- Assignment -
Word for word, restate the lines from the start of the data down to the line with "attach_failure name bridge detail", both included.
[Opening Dataset records section]
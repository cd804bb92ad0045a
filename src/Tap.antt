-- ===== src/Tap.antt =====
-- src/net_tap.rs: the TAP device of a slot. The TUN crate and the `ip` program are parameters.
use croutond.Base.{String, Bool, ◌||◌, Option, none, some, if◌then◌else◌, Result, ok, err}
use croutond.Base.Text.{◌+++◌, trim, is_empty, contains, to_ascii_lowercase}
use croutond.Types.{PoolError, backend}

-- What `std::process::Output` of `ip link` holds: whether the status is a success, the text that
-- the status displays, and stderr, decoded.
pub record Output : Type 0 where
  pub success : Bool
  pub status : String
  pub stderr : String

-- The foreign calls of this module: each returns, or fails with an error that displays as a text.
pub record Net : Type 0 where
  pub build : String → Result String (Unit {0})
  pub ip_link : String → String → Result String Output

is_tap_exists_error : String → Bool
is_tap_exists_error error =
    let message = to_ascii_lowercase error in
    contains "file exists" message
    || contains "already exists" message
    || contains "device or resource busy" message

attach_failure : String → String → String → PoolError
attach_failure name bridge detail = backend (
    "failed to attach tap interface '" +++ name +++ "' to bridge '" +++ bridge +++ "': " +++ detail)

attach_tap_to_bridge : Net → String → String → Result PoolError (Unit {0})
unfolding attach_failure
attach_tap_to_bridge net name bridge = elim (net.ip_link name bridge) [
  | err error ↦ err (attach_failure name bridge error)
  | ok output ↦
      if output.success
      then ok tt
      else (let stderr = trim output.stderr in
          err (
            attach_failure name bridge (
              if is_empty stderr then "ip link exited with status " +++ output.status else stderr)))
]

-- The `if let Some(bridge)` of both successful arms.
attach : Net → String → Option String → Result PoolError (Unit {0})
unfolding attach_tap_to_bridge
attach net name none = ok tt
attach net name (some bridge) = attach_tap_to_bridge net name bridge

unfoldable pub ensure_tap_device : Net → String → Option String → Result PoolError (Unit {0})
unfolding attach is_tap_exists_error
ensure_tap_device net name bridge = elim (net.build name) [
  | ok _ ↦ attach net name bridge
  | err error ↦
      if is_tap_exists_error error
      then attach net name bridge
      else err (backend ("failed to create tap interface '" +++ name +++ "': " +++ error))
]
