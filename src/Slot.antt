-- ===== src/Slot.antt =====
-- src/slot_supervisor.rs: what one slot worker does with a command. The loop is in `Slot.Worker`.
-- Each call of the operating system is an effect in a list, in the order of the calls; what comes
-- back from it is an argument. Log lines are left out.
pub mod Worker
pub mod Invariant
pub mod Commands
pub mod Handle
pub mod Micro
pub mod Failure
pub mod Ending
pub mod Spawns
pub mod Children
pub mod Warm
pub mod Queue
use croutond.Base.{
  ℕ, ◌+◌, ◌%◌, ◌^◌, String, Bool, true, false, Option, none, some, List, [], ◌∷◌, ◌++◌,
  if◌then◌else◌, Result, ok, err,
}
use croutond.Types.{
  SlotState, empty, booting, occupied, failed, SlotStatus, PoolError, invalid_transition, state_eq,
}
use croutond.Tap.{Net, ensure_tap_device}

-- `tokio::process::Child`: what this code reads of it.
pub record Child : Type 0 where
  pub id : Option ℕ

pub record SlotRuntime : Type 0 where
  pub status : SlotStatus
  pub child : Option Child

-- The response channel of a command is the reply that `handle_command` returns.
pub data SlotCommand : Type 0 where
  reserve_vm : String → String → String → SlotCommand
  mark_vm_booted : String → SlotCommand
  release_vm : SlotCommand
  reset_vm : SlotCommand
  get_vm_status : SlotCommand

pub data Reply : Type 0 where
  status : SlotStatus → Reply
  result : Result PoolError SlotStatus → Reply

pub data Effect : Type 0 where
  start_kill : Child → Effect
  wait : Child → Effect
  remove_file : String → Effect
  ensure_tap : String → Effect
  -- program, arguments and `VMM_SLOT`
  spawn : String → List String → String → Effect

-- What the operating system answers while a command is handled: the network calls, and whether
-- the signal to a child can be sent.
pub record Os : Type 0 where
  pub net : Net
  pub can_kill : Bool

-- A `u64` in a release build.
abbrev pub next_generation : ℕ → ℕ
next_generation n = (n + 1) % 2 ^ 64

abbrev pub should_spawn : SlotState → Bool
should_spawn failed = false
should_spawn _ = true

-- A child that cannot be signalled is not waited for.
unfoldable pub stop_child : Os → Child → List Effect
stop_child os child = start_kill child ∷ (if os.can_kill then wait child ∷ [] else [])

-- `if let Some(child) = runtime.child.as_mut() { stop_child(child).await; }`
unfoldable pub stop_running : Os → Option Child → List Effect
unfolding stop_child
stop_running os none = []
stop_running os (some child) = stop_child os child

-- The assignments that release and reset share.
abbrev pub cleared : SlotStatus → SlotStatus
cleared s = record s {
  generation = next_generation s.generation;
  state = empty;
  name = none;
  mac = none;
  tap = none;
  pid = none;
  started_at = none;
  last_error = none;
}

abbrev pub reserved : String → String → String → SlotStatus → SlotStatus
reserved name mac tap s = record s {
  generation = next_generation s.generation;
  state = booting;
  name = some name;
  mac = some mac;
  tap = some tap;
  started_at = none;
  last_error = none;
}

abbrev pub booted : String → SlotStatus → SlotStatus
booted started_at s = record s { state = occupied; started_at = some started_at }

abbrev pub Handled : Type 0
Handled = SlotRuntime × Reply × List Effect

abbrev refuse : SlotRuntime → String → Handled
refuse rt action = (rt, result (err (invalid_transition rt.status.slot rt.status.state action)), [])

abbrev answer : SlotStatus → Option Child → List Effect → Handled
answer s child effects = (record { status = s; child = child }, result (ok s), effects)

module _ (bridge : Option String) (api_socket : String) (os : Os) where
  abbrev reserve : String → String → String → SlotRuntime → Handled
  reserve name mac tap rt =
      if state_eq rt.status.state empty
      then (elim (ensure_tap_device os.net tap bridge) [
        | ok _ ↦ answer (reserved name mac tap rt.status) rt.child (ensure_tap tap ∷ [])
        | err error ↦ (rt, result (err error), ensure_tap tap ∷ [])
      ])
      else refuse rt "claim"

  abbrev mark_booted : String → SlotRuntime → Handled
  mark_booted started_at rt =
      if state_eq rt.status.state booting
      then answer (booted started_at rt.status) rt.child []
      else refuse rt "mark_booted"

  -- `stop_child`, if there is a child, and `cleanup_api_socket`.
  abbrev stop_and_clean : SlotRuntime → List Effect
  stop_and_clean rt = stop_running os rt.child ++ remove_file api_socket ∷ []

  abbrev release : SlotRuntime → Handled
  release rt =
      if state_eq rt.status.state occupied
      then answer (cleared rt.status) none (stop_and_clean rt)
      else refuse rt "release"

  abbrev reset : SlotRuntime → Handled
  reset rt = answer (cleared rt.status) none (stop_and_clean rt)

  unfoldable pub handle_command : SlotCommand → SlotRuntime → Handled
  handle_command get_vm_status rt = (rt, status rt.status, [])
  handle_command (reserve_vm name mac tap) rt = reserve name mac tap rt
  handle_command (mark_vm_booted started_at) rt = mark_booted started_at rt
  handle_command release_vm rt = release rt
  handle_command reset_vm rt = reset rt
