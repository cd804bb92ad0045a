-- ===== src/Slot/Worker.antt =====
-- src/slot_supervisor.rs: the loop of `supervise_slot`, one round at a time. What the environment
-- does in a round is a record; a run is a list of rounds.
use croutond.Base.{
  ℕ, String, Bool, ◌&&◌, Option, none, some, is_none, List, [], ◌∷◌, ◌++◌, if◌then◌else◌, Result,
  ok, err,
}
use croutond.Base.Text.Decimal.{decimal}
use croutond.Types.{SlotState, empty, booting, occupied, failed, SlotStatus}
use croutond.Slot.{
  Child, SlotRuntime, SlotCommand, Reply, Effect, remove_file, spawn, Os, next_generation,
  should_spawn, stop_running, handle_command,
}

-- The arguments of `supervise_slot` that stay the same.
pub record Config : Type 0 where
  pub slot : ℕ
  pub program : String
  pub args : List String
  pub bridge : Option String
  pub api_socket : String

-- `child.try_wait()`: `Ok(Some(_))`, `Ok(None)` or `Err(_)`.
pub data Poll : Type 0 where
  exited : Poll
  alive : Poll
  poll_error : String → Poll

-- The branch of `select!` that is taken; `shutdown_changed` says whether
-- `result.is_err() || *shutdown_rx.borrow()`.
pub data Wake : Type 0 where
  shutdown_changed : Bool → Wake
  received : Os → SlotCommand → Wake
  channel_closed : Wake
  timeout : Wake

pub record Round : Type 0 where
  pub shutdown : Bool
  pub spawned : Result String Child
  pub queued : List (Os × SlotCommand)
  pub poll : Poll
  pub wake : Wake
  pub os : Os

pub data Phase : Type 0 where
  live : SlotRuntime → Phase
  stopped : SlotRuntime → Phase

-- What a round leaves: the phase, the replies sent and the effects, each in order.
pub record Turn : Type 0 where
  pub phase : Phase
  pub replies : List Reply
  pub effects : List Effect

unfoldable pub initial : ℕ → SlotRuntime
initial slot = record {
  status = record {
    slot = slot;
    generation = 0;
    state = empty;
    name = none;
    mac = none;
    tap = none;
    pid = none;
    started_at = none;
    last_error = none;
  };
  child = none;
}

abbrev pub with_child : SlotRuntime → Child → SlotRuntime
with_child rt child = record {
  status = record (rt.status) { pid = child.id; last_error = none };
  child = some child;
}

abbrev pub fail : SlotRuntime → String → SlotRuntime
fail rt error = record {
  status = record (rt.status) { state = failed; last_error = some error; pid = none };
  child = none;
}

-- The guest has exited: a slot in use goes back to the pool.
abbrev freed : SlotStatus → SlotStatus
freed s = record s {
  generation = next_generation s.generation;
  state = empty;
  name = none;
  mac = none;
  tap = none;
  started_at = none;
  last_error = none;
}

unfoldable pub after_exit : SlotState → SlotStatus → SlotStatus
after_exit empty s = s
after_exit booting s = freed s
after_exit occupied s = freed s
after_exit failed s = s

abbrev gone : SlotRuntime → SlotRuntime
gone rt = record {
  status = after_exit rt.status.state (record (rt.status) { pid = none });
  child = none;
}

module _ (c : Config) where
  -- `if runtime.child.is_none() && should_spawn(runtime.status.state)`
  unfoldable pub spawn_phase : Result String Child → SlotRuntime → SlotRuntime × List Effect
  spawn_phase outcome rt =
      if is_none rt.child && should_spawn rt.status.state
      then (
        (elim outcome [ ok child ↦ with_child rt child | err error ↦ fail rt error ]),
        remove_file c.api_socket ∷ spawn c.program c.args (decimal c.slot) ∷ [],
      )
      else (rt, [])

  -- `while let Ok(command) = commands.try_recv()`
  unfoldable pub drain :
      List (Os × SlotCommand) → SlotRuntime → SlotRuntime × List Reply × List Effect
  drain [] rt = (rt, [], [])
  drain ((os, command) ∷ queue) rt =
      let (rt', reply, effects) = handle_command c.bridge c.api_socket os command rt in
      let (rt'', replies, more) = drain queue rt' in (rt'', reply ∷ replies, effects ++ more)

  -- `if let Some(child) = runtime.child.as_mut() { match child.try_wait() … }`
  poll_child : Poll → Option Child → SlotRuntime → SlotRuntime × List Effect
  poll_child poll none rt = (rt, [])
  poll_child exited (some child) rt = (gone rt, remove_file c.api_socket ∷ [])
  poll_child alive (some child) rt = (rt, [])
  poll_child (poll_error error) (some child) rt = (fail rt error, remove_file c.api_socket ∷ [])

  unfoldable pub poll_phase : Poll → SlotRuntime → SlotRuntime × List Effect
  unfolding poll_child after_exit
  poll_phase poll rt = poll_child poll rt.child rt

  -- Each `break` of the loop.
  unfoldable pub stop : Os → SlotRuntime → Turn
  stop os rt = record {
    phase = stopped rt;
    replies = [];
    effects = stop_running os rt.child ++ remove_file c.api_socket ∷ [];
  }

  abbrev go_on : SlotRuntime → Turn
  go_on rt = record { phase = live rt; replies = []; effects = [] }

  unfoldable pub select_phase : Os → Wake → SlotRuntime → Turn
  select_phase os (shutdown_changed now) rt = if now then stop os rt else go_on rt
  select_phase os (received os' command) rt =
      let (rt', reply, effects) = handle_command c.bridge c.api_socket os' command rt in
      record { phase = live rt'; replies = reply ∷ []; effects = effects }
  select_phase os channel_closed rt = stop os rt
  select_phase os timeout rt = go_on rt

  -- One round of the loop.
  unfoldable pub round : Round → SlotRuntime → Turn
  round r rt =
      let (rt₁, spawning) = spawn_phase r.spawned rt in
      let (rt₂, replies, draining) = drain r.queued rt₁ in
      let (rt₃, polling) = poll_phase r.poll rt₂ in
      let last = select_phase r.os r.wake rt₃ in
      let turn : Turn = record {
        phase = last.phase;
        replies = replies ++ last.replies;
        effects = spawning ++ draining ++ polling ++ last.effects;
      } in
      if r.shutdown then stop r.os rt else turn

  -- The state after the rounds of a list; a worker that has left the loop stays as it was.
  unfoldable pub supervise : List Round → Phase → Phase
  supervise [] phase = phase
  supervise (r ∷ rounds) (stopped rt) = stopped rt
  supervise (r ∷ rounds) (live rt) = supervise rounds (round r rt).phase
[Closing Dataset records section]
- Finished task -
repository cd804bb92ad0045a
filename src/Tap.antt
-- ===== src/Tap.antt =====
-- src/net_tap.rs: the TAP device of a slot. The TUN crate and the `ip` program are parameters.
use croutond.Base.{String, Bool, ◌||◌, Option, none, some, if◌then◌else◌, Result, ok, err}
use croutond.Base.Text.{◌+++◌, trim, is_empty, contains, to_ascii_lowercase}
use croutond.Types.{PoolError, backend}

-- What `std::process::Output` of `ip link` holds: whether the status is a success, the text that
-- the status displays, and stderr, decoded.
pub record Output : Type 0 where
  pub success : Bool
  pub status : String
  pub stderr : String

-- The foreign calls of this module: each returns, or fails with an error that displays as a text.
pub record Net : Type 0 where
  pub build : String → Result String (Unit {0})
  pub ip_link : String → String → Result String Output

is_tap_exists_error : String → Bool
is_tap_exists_error error =
    let message = to_ascii_lowercase error in
    contains "file exists" message
    || contains "already exists" message
    || contains "device or resource busy" message

attach_failure : String → String → String → PoolError
attach_failure name bridge detail = backend (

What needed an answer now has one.